Only the lines below starting at the one containing "present : Fingerprint → Original" and ending at the one containing "-- whether a file is as the manifest says" belong in the answer, each copied exactly.

Saved entries
= Beginning of Section =

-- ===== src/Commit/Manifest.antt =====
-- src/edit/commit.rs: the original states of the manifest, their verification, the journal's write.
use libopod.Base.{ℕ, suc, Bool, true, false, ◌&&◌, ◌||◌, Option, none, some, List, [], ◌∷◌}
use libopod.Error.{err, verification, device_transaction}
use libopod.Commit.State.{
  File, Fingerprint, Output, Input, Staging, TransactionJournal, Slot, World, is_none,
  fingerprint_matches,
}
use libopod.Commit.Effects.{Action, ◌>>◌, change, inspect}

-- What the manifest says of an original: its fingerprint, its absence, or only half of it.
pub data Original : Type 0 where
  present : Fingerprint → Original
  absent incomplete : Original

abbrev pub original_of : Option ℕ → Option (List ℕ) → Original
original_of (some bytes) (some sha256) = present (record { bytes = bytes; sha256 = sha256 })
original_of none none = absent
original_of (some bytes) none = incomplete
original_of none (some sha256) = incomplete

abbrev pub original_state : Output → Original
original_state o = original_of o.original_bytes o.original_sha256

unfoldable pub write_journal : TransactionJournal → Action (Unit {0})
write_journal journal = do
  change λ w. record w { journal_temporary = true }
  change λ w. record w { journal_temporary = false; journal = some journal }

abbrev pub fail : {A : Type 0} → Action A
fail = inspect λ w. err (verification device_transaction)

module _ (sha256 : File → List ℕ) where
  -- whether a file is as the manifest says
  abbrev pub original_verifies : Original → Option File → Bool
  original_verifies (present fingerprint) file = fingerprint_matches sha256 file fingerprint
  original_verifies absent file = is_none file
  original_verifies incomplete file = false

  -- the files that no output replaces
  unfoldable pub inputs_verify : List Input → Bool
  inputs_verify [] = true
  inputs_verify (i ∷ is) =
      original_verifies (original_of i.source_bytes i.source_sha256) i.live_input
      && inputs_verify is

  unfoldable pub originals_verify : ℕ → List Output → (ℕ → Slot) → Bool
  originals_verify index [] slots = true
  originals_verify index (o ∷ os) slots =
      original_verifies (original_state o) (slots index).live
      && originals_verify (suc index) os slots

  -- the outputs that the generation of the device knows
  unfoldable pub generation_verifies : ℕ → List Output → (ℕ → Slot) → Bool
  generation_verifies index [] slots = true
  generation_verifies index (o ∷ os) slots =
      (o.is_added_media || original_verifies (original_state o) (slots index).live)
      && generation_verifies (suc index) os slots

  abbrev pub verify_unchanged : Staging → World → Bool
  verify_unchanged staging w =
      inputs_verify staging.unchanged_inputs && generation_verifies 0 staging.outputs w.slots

= End of Section =

# Exercise output
  present : Fingerprint → Original
  absent incomplete : Original

abbrev pub original_of : Option ℕ → Option (List ℕ) → Original
original_of (some bytes) (some sha256) = present (record { bytes = bytes; sha256 = sha256 })
original_of none none = absent
original_of (some bytes) none = incomplete
original_of none (some sha256) = incomplete

abbrev pub original_state : Output → Original
original_state o = original_of o.original_bytes o.original_sha256

unfoldable pub write_journal : TransactionJournal → Action (Unit {0})
write_journal journal = do
  change λ w. record w { journal_temporary = true }
  change λ w. record w { journal_temporary = false; journal = some journal }

abbrev pub fail : {A : Type 0} → Action A
fail = inspect λ w. err (verification device_transaction)

module _ (sha256 : File → List ℕ) where
  -- whether a file is as the manifest says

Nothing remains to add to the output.